TI has a fully conformant OpenCL 1.1 implementation.

The below table is taken from http://downloads.ti.com/mctools/esd/docs/opencl/intro.html and shows which DSPs have OpenCL-support.

SoC | System | Khronos Conformance | Installation Instructions |
---|---|---|---|

AM572 | AM572 EVM | OpenCL v1.1 Conformant | Processor SDK for AM57x |

DRA75x | DRA75x EVM | OpenCL v1.1 Conformant | Processor SDK for DRA7x (Enabling OpenCL on DRA75x) |

AM571 | AM572 EVM | OpenCL v1.1 Conformant | Processor SDK for AM57x |

66AK2H | 66AK2H EVM | OpenCL v1.1 Conformant | Processor SDK for K2H |

66AK2L | 66AK2L EVM | Not submitted for conformance | Processor SDK for K2L |

66AK2E | 66AK2E EVM | Not submitted for conformance | Processor SDK for K2E |

66AK2G | 66AK2G EVM | Not submitted for conformance | Processor SDK for K2G |

# Theoretical Performance of the C66x

- Fixed point 16×16 MACs per cycle: 32
- Fixed point 32×32 MACs per cycle: 8
- Floating point single precision MACs per cycle: 8
- Arithmetic floating point operations per cycle: 16 2-way SIMD on .L and .S units (e.g. 8 SP operations for A and B) and 4 SP multiply on one .M unit (e.g 8 SP operations for A and B)
- Arithmetic floating point operations per cycle: 164 2-way SIMD on .L and .S units (e.g. 8 SP operations for A and B) and 4 SP multiply on one .M unit (e.g 8 SP operations for A and B)
- Load/store width 2 x 64-bit 2 x 64-bit Vector size (SIMD capability): 128-bit (4 x 32-bit, 4 x 16-bit, 4x-8bits)

## GFLOPs

2 FLOPs – 2-way SIMD on .L1 (A side) such as DADDSP or DSUBSP

2 FLOPs – 2-way SIMD on .L2 (B side) such as DADDSP or DSUBSP

2 FLOPs – 2-way SIMD on .S1 (A side) such as DADDSP or DSUBSP

2 FLOPs – 2-way SIMD on .S2 (B side) such as DADDSP or DSUBSP

4 FLOPs – 4-way SIMD on .M1 (A side) such as QMPYSP (or CMPYSP, maybe not 4-way SIMD)

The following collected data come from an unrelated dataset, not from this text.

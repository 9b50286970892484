-- ===== src/Lib.antt =====
-- The scripts of FEB, a search tool for federations of learning objects: the code that its pages
-- run in the browser. Paths below are from the root of the repository; `scripts` stands for
-- src/src/main/webapp/scripts.
--
-- - Base: shared names, tests, lists, text as UTF-16 code units, split, join and replace; Run
--   has the functions of a script as steps on a state that may throw, and Policy what such a step
--   is allowed to do to the state, with the rules by which the calls of a function pass that on.
-- - Regex: regular expressions as the scripts use them with `test`: their syntax, the texts that
--   they match, a matcher by derivatives, and the proof that it decides the match.
-- - Validate: scripts/validatejs.js. Formats has the validators that are one expression each,
--   Platform isPlatform, Dates `isZipCode` and `isDate` with the variables that they leave behind,
--   Chars `hasValidChars`, Cpf `isCPF`, Rules the object with `addRules`, `check` and `Apply`, and
--   Login the form of scripts/login.js. Numbers in floating point, the case table of Unicode and
--   `eval` are fields of the record Engine; an error that the script throws is a value of Result.
-- - Metadata: scripts/showMetadata.js, `buildList` and, in Loading, the request whose answer it
--   is given. Reader is a reader of tags, by which Outline says what the lists show.
-- - Update: the requests of scripts/funcoes.js that update a repository or a federation.
-- - Page: the part of a document that the scripts with tables read and write; Editing has an
--   element whose content is replaced and put back, Links the links that save, and Extended a page
--   with a row more.
-- - Standard: scripts/funcoesPadrao.js. Handlers has a function for each of the file's, as a
--   step on the variables, the page and the requests that were sent; Events puts these and the
--   changes of requests in any order. Table is the specification of its table: rows by their ids,
--   and a counter. Unsaved is about a row that is added while another one is not saved. What a
--   browser finds in a text of HTML is an argument.
-- - Mapping: scripts/funcoesMapeamento.js, in the same way as Standard. Walk says which steps a
--   policy has to allow so that every call is allowed; Buttons and Table fill it. Unsaved is about
--   a row that is added while another one is not saved.
-- - Oai: scripts/validateOAI.js, with the calls of jQuery as values.
-- - Search: the test of the query in scripts/index.js.
-- - Chart: the charts of scripts/statistics.js; the unary `+` on a text is an argument.
-- - Tags: the other half of scripts/statistics.js, which deletes the terms of the tag cloud; Events
--   puts clicks and answers in any order.
-- - Windows: the functions of scripts/funcoes.js that open, place and close windows, as lists of
--   the calls that they make; what a text is as a number is an argument.
-- - Fields: the other functions of scripts/funcoes.js, for keys, texts and parts of forms.
-- - Dialogs: scripts/admin/admin.js, the dialogs around a deletion; Events has what the user can
--   do and the answers, and Phases the specification of a deletion.
-- - Links: scripts/testUrlActive.js. Each link is a state that the answers of two services
--   change; Outcome is about what it shows in the end, and Finished about when that is.
-- - Trees: scripts/buscaAvancada.js, the boxes that follow the trees of the advanced search; Runs
--   puts changes of the selections in any order.
-- - Shell: toggleSearch.js, barraSuperior.js, zebraScript.js, rss.js, autosuggest.js and
--   admin/repositories/new.js of scripts; Widgets has what the scripts hand to the libraries as
--   options.
--
-- Text is the list of its code units, so that an index of the script is an index of the list. All
-- loops are over a text, a list or a number of rounds known beforehand. Only the digits of a number
-- (Base.Decimal) are written on fuel, one more than the number, and any fuel above it gives the same.
--
-- Not modelled: the server (Java), the pages (JSP), the copy of Solr's own administration pages, the
-- vendored libraries (jQuery, Bootstrap, CodeMirror, jsTree, typeahead), and what these make of the
-- options that they are given.
pub mod Base
pub mod Regex
pub mod Validate
pub mod Metadata
pub mod Chart
pub mod Trees
pub mod Update
pub mod Dialogs
pub mod Fields
pub mod Links
pub mod Mapping
pub mod Oai
pub mod Page
pub mod Search
pub mod Shell
pub mod Standard
pub mod Tags
pub mod Windows
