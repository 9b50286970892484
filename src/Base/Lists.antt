-- ===== src/Base/Lists.antt =====
-- Lists measured by native numbers, and predicates on all elements.
use Prim.Native.Nat.{ℕ, zero, suc, ◌+◌}
use mathlib.Core.Path.{◌≡◌, refl}
use mathlib.Core.Logic.{◌↔◌}
use mathlib.Core.Bool.{Bool, true, false, ◌&&◌, ◌||◌}
use mathlib.Core.Option.{Option, none, some}
use mathlib.Core.List.{List, [], ◌∷◌, ◌++◌, map}
use native.Mathlib.Omega.{arith}

module _ {ℓ} {A : Type ℓ} where
  abbrev pub length : List A → ℕ
  length [] = 0
  length (x ∷ xs) = suc (length xs)

  abbrev pub get_elem? : List A → ℕ → Option A
  get_elem? [] i = none
  get_elem? (x ∷ xs) zero = some x
  get_elem? (x ∷ xs) (suc i) = get_elem? xs i

  abbrev pub all : (A → Bool) → List A → Bool
  all p [] = true
  all p (x ∷ xs) = p x && all p xs

  abbrev pub any : (A → Bool) → List A → Bool
  any p [] = false
  any p (x ∷ xs) = p x || any p xs

  abbrev pub keep : (A → Bool) → List A → List A
  keep p [] = []
  keep p (x ∷ xs) = elim (p x) [ true ↦ x ∷ keep p xs | false ↦ keep p xs ]

  pub length-append : (xs ys : List A) → length (xs ++ ys) ≡ length xs + length ys
  length-append [] ys = omega arith
  length-append (x ∷ xs) ys = omega (arith, length-append xs ys)

  -- The library's equation, kept where a list is taken apart.
  pub append-eq-nil : (xs ys : List A) → xs ++ ys ≡ [] → (xs ≡ []) × (ys ≡ [])
  append-eq-nil [] ys h = (refl, h)
  append-eq-nil (x ∷ xs) ys h = cc

module _ {ℓ κ} {A : Type ℓ} (P : A → Type κ) where
  abbrev pub All : List A → Type κ
  All [] = Unit
  All (x ∷ xs) = P x × All xs

  pub All-append : (xs ys : List A) → All (xs ++ ys) ↔ (All xs × All ys)
  All-append [] ys = (λ h. (tt, h), λ h. h.1)
  All-append (x ∷ xs) ys = (
    λ h. let r = (All-append xs ys).0 h.1 in ((h.0, r.0), r.1),
    λ h. (h.0.0, (All-append xs ys).1 (h.0.1, h.1)),
  )

  pub All-every : ((x : A) → P x) → (xs : List A) → All xs
  All-every h [] = tt
  All-every h (x ∷ xs) = (h x, All-every h xs)

pub All-mono {ℓ κ κ'} :
    {A : Type ℓ} (P : A → Type κ) (Q : A → Type κ') (xs : List A)
    → ((x : A) → P x → Q x)
    → All P xs
    → All Q xs
All-mono P Q [] h e = tt
All-mono P Q (x ∷ xs) h (e, es) = (h x e, All-mono P Q xs h es)

pub keep-append {ℓ} :
    {A : Type ℓ} (p : A → Bool) (xs ys : List A) → keep p (xs ++ ys) ≡ keep p xs ++ keep p ys
keep-append p [] ys = refl
keep-append p (x ∷ xs) ys = ground (arith, keep-append p xs ys)

-- The last two items, by their index.
pub get_elem?-second {ℓ} :
    {A : Type ℓ} (xs : List A) (y z : A) → get_elem? ((xs ++ y ∷ []) ++ z ∷ []) (length xs) ≡ some y
get_elem?-second [] y z = refl
get_elem?-second (x ∷ xs) y z = get_elem?-second xs y z

pub get_elem?-third {ℓ} :
    {A : Type ℓ} (xs : List A) (y z : A)
    → get_elem? ((xs ++ y ∷ []) ++ z ∷ []) (suc (length xs)) ≡ some z
get_elem?-third [] y z = refl
get_elem?-third (x ∷ xs) y z = get_elem?-third xs y z

pub map-map_eq {ℓ ℓ' ℓ''} :
    {A : Type ℓ} {B : Type ℓ'} {C : Type ℓ''} (f : B → C) (g : A → B) (h : A → C) (xs : List A)
    → ((x : A) → f (g x) ≡ h x)
    → map f (map g xs) ≡ map h xs
map-map_eq f g h [] e = refl
map-map_eq f g h (x ∷ xs) e = rw (e x, map-map_eq f g h xs e) refl

pub map_ext {ℓ ℓ'} :
    {A : Type ℓ} {B : Type ℓ'} (f g : A → B) (xs : List A)
    → All (λ x. f x ≡ g x) xs
    → map f xs ≡ map g xs
map_ext f g [] e = refl
map_ext f g (x ∷ xs) (e, es) = rw (e, map_ext f g xs es) refl

pub map_fixed {ℓ} : {A : Type ℓ} (f : A → A) (xs : List A) → All (λ x. f x ≡ x) xs → map f xs ≡ xs
map_fixed f [] e = refl
map_fixed f (x ∷ xs) (e, es) = rw (e, map_fixed f xs es) refl

pub get_elem?-append-length :
    {A : Type 0} (xs ys : List A) (y : A) → get_elem? (xs ++ y ∷ ys) (length xs) ≡ some y
get_elem?-append-length [] ys y = refl
get_elem?-append-length (x ∷ xs) ys y = get_elem?-append-length xs ys y
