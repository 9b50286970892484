-- ===== src/Base/Members.antt =====
-- Lists that hold an item of a kind.
use mathlib.Core.Path.{◌≡◌, refl, ap}
use mathlib.Core.Logic.{◌↔◌, inl, inr}
use mathlib.Core.Bool.{Bool, true}
use mathlib.Core.List.{List, [], ◌∷◌, ◌++◌}
use inroa.Base.Lists.{any}
use inroa.Base.Tests.{Bool-cases}

-- The list holds an item of the kind.
abbrev pub Holds {ℓ κ} : {A : Type ℓ} → (A → Type κ) → List A → Type (ℓ ⊔ κ)
Holds {A} P xs = (before : List A) × (x : A) × (after : List A) × (xs ≡ before ++ x ∷ after) × P x

any-Holds {ℓ κ} :
    {A : Type ℓ} (P : A → Type κ) (p : A → Bool)
    → ((x : A) → p x ≡ true → P x)
    → (xs : List A) → any p xs ≡ true
    → Holds P xs
any-Holds P p h [] e = cc
any-Holds P p h (x ∷ xs) e = elim (Bool-cases (p x)) [
  | inl holds ↦ ([], x, xs, refl, h x holds)
  | inr other ↦
      let (before, y, after, at, k) = any-Holds P p h xs (rw other at e) in
      (x ∷ before, y, after, ap (λ l. x ∷ l) at, k)
]

any-here {ℓ} :
    {A : Type ℓ} (p : A → Bool) (before after : List A) (x : A)
    → p x ≡ true
    → any p (before ++ x ∷ after) ≡ true
any-here p [] after x h = rw h refl
any-here p (y ∷ before) after x h = elim (Bool-cases (p y)) [
  | inl holds ↦ rw holds refl
  | inr other ↦ rw other (any-here p before after x h)
]

pub any-Holds_iff {ℓ κ} :
    {A : Type ℓ} (P : A → Type κ) (p : A → Bool)
    → ((x : A) → p x ≡ true → P x)
    → ((x : A) → P x → p x ≡ true)
    → (xs : List A) → (any p xs ≡ true) ↔ Holds P xs
any-Holds_iff P p h k xs = (
  any-Holds P p h xs,
  λ (before, x, after, e, holds). rw e (any-here p before after x (k x holds)),
)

# 4 FLOPs – 4-way SIMD on .M2 (B side) such as QMPYSP (or CMPYSP, maybe not 4-way SIMD)

16 FLOPs total per cycle per C66x CorePac (source)

# Boards

A good starter board is the BeagleBoard X-15, and has OpenCL drivers. It has 2x C66X DSPs and 2x 1.5-GHz ARM Cortex-A15.